[Collected data entries]
======

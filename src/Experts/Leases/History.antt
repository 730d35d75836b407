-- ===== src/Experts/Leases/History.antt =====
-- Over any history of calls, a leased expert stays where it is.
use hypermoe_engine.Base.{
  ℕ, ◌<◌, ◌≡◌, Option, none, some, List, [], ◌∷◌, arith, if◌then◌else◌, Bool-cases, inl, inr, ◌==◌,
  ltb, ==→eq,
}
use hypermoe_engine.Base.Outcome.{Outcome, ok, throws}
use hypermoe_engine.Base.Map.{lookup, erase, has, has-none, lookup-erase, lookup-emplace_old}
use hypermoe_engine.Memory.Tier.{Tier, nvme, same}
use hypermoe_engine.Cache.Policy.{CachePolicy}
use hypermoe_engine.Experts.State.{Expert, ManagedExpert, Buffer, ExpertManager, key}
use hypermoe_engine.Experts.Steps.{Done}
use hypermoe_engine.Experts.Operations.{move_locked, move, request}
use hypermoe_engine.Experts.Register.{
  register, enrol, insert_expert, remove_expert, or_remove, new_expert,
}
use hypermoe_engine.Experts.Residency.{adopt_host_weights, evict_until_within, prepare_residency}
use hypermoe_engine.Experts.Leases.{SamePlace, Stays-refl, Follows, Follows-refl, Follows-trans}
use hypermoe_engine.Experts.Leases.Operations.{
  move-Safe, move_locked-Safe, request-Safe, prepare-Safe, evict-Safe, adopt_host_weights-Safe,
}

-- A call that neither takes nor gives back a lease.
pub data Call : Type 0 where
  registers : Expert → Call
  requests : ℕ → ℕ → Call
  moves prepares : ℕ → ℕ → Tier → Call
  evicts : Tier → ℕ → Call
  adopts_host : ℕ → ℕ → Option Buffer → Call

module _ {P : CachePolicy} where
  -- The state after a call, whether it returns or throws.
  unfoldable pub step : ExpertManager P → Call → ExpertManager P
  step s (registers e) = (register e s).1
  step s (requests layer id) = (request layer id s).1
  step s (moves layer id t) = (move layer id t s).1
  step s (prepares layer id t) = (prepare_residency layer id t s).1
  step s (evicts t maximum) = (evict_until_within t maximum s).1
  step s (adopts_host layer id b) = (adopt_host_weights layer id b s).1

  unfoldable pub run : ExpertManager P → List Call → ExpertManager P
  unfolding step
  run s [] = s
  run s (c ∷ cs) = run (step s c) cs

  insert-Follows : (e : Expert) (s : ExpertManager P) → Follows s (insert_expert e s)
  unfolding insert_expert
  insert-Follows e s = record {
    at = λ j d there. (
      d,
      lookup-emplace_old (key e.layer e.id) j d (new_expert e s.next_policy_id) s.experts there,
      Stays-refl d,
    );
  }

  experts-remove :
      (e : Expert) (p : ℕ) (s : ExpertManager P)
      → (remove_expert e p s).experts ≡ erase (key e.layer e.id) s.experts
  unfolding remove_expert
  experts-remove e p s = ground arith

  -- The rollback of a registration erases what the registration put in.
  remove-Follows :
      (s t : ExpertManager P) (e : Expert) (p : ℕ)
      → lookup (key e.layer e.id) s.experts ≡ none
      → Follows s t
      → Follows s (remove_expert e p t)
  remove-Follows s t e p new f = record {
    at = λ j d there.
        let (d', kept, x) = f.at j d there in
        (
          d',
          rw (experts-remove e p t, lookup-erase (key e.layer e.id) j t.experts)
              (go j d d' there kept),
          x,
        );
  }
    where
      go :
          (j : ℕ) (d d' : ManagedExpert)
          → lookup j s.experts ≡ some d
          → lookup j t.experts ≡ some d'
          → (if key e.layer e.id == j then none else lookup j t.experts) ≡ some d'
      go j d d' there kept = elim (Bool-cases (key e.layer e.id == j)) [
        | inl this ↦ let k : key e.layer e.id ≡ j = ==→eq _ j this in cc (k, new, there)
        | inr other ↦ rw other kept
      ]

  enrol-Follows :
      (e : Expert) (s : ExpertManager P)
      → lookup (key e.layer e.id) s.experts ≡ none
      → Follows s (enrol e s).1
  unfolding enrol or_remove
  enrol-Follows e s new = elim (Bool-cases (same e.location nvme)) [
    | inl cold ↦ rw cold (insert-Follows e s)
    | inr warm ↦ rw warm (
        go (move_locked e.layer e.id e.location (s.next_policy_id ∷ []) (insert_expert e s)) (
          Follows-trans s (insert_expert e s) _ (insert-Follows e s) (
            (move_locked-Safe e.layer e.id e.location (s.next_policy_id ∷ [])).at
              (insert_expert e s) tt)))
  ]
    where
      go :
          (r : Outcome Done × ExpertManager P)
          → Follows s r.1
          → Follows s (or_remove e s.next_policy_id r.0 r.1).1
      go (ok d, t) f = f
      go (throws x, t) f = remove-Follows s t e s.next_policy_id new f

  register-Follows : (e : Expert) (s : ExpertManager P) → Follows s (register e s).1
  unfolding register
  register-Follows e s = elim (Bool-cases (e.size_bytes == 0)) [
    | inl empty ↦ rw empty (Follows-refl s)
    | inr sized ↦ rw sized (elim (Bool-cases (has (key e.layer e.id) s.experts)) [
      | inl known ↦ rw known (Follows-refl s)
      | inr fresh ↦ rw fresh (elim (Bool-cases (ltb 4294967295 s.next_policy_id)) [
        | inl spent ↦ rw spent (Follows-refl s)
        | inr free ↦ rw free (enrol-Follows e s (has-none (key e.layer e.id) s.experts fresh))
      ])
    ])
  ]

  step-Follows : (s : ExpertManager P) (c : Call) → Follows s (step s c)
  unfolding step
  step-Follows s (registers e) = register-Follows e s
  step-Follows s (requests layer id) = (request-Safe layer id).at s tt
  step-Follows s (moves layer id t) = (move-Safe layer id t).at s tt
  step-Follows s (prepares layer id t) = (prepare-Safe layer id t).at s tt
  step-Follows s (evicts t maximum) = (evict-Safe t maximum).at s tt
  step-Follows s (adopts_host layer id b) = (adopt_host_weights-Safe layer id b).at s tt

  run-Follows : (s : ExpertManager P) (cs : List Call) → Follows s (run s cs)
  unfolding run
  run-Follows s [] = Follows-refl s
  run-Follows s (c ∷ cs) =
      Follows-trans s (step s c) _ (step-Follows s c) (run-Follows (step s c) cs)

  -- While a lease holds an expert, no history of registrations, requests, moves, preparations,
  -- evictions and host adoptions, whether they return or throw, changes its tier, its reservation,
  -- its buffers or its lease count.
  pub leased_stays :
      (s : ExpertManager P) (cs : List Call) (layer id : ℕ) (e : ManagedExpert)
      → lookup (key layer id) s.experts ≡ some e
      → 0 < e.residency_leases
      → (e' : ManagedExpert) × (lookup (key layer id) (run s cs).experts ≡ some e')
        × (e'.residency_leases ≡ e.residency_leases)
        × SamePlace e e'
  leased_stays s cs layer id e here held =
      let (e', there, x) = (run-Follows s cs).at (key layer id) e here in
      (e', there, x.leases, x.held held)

======

Copy out every record exactly; leave nothing out.

filename src/Experts/Leases/History.antt
repository 730d35d75836b407
-- ===== src/Experts/Leases/History.antt =====
-- Over any history of calls, a leased expert stays where it is.
use hypermoe_engine.Base.{
  ℕ, ◌<◌, ◌≡◌, Option, none, some, List, [], ◌∷◌, arith, if◌then◌else◌, Bool-cases, inl, inr, ◌==◌,
  ltb, ==→eq,
}
use hypermoe_engine.Base.Outcome.{Outcome, ok, throws}
use hypermoe_engine.Base.Map.{lookup, erase, has, has-none, lookup-erase, lookup-emplace_old}
use hypermoe_engine.Memory.Tier.{Tier, nvme, same}
use hypermoe_engine.Cache.Policy.{CachePolicy}
use hypermoe_engine.Experts.State.{Expert, ManagedExpert, Buffer, ExpertManager, key}
use hypermoe_engine.Experts.Steps.{Done}
use hypermoe_engine.Experts.Operations.{move_locked, move, request}
use hypermoe_engine.Experts.Register.{
  register, enrol, insert_expert, remove_expert, or_remove, new_expert,
}
use hypermoe_engine.Experts.Residency.{adopt_host_weights, evict_until_within, prepare_residency}
use hypermoe_engine.Experts.Leases.{SamePlace, Stays-refl, Follows, Follows-refl, Follows-trans}
use hypermoe_engine.Experts.Leases.Operations.{
  move-Safe, move_locked-Safe, request-Safe, prepare-Safe, evict-Safe, adopt_host_weights-Safe,
}

-- A call that neither takes nor gives back a lease.
pub data Call : Type 0 where
  registers : Expert → Call
  requests : ℕ → ℕ → Call
  moves prepares : ℕ → ℕ → Tier → Call
  evicts : Tier → ℕ → Call
  adopts_host : ℕ → ℕ → Option Buffer → Call

module _ {P : CachePolicy} where
  -- The state after a call, whether it returns or throws.
  unfoldable pub step : ExpertManager P → Call → ExpertManager P
  step s (registers e) = (register e s).1
  step s (requests layer id) = (request layer id s).1
  step s (moves layer id t) = (move layer id t s).1
  step s (prepares layer id t) = (prepare_residency layer id t s).1
  step s (evicts t maximum) = (evict_until_within t maximum s).1
  step s (adopts_host layer id b) = (adopt_host_weights layer id b s).1

  unfoldable pub run : ExpertManager P → List Call → ExpertManager P
  unfolding step
  run s [] = s
  run s (c ∷ cs) = run (step s c) cs

  insert-Follows : (e : Expert) (s : ExpertManager P) → Follows s (insert_expert e s)
  unfolding insert_expert
  insert-Follows e s = record {
    at = λ j d there. (
      d,
      lookup-emplace_old (key e.layer e.id) j d (new_expert e s.next_policy_id) s.experts there,
      Stays-refl d,
    );
  }

  experts-remove :
      (e : Expert) (p : ℕ) (s : ExpertManager P)
      → (remove_expert e p s).experts ≡ erase (key e.layer e.id) s.experts
  unfolding remove_expert
  experts-remove e p s = ground arith

  -- The rollback of a registration erases what the registration put in.
  remove-Follows :
      (s t : ExpertManager P) (e : Expert) (p : ℕ)
      → lookup (key e.layer e.id) s.experts ≡ none
      → Follows s t
      → Follows s (remove_expert e p t)
  remove-Follows s t e p new f = record {
    at = λ j d there.
        let (d', kept, x) = f.at j d there in
        (
          d',
          rw (experts-remove e p t, lookup-erase (key e.layer e.id) j t.experts)
              (go j d d' there kept),
          x,
        );
  }
    where
      go :
          (j : ℕ) (d d' : ManagedExpert)
          → lookup j s.experts ≡ some d
          → lookup j t.experts ≡ some d'
          → (if key e.layer e.id == j then none else lookup j t.experts) ≡ some d'
      go j d d' there kept = elim (Bool-cases (key e.layer e.id == j)) [
        | inl this ↦ let k : key e.layer e.id ≡ j = ==→eq _ j this in cc (k, new, there)
        | inr other ↦ rw other kept
      ]

  enrol-Follows :
      (e : Expert) (s : ExpertManager P)
      → lookup (key e.layer e.id) s.experts ≡ none
      → Follows s (enrol e s).1
  unfolding enrol or_remove
  enrol-Follows e s new = elim (Bool-cases (same e.location nvme)) [
    | inl cold ↦ rw cold (insert-Follows e s)
    | inr warm ↦ rw warm (
        go (move_locked e.layer e.id e.location (s.next_policy_id ∷ []) (insert_expert e s)) (
          Follows-trans s (insert_expert e s) _ (insert-Follows e s) (
            (move_locked-Safe e.layer e.id e.location (s.next_policy_id ∷ [])).at
              (insert_expert e s) tt)))
  ]
    where
      go :
          (r : Outcome Done × ExpertManager P)
          → Follows s r.1
          → Follows s (or_remove e s.next_policy_id r.0 r.1).1
      go (ok d, t) f = f
      go (throws x, t) f = remove-Follows s t e s.next_policy_id new f

  register-Follows : (e : Expert) (s : ExpertManager P) → Follows s (register e s).1
  unfolding register
  register-Follows e s = elim (Bool-cases (e.size_bytes == 0)) [
    | inl empty ↦ rw empty (Follows-refl s)
    | inr sized ↦ rw sized (elim (Bool-cases (has (key e.layer e.id) s.experts)) [
      | inl known ↦ rw known (Follows-refl s)
      | inr fresh ↦ rw fresh (elim (Bool-cases (ltb 4294967295 s.next_policy_id)) [
        | inl spent ↦ rw spent (Follows-refl s)
        | inr free ↦ rw free (enrol-Follows e s (has-none (key e.layer e.id) s.experts fresh))
      ])
    ])
  ]

  step-Follows : (s : ExpertManager P) (c : Call) → Follows s (step s c)
  unfolding step
  step-Follows s (registers e) = register-Follows e s
  step-Follows s (requests layer id) = (request-Safe layer id).at s tt
  step-Follows s (moves layer id t) = (move-Safe layer id t).at s tt
  step-Follows s (prepares layer id t) = (prepare-Safe layer id t).at s tt
  step-Follows s (evicts t maximum) = (evict-Safe t maximum).at s tt
  step-Follows s (adopts_host layer id b) = (adopt_host_weights-Safe layer id b).at s tt

  run-Follows : (s : ExpertManager P) (cs : List Call) → Follows s (run s cs)
  unfolding run
  run-Follows s [] = Follows-refl s
  run-Follows s (c ∷ cs) =
      Follows-trans s (step s c) _ (step-Follows s c) (run-Follows (step s c) cs)

  -- While a lease holds an expert, no history of registrations, requests, moves, preparations,
  -- evictions and host adoptions, whether they return or throw, changes its tier, its reservation,
  -- its buffers or its lease count.
  pub leased_stays :
      (s : ExpertManager P) (cs : List Call) (layer id : ℕ) (e : ManagedExpert)
      → lookup (key layer id) s.experts ≡ some e
      → 0 < e.residency_leases
      → (e' : ManagedExpert) × (lookup (key layer id) (run s cs).experts ≡ some e')
        × (e'.residency_leases ≡ e.residency_leases)
        × SamePlace e e'
  leased_stays s cs layer id e here held =
      let (e', there, x) = (run-Follows s cs).at (key layer id) e here in
      (e', there, x.leases, x.held held)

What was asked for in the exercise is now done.